*Exercise instructions:* For each line in the data below that has the word "resolved", copy that line.

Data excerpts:
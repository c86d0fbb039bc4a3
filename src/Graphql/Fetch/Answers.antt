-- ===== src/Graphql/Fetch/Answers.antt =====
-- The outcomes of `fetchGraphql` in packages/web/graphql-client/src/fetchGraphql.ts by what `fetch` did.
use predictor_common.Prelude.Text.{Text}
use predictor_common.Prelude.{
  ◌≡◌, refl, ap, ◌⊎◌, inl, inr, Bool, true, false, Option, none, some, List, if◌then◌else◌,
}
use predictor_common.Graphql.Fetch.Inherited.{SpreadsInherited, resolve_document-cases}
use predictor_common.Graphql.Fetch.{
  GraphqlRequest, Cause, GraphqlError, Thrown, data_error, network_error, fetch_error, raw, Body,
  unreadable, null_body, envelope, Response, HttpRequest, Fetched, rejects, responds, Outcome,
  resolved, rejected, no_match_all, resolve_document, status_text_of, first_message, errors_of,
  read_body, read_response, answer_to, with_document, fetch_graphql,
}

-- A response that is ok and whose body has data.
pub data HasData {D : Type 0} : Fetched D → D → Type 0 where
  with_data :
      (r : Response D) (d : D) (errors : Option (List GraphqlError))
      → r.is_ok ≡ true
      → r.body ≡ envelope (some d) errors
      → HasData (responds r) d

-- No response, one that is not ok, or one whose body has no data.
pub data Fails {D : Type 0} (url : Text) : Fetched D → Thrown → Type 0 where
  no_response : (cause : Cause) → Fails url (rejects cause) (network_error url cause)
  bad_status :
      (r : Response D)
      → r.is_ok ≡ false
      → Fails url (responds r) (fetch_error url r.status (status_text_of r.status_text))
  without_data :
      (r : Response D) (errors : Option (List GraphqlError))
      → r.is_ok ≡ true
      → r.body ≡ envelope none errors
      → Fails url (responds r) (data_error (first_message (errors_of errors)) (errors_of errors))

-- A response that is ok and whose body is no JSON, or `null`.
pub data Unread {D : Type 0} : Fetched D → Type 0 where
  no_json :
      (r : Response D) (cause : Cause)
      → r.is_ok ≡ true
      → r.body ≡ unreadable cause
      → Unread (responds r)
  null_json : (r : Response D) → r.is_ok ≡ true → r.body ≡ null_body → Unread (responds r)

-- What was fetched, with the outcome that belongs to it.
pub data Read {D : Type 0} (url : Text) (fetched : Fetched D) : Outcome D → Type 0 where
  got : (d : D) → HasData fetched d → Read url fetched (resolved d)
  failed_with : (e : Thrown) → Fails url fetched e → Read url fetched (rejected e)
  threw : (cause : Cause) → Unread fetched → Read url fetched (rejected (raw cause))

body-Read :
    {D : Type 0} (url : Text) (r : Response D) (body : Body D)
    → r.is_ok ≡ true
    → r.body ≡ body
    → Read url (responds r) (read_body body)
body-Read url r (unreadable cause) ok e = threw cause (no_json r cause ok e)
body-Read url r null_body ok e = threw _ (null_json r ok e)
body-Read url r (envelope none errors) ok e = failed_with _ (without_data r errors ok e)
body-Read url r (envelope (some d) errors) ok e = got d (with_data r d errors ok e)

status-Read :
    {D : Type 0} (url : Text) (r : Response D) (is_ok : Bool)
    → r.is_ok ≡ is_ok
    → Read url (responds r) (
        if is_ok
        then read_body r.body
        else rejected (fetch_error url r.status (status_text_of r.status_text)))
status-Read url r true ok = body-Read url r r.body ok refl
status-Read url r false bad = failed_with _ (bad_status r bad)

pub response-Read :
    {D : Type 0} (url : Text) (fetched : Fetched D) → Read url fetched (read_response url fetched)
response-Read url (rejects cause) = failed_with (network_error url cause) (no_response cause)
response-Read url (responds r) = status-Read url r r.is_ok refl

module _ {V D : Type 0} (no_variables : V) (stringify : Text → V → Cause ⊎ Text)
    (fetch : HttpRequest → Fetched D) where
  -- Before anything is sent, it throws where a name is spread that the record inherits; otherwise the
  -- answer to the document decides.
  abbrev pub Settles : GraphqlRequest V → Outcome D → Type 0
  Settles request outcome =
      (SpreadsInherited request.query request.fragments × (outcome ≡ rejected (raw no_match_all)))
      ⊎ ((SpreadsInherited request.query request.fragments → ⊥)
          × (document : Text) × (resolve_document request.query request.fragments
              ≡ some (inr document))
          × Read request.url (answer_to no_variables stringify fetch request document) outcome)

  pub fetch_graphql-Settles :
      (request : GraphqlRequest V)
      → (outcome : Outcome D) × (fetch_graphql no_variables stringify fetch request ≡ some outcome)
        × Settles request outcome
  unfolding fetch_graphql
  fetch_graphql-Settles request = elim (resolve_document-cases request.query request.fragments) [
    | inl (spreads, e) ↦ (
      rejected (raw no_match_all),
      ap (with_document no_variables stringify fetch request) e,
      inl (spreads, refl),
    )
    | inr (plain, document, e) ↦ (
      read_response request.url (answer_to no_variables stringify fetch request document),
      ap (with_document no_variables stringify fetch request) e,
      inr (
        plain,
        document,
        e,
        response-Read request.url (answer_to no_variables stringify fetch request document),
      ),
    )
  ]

*Task output:*
  resolved, rejected, no_match_all, resolve_document, status_text_of, first_message, errors_of,
  got : (d : D) → HasData fetched d → Read url fetched (resolved d)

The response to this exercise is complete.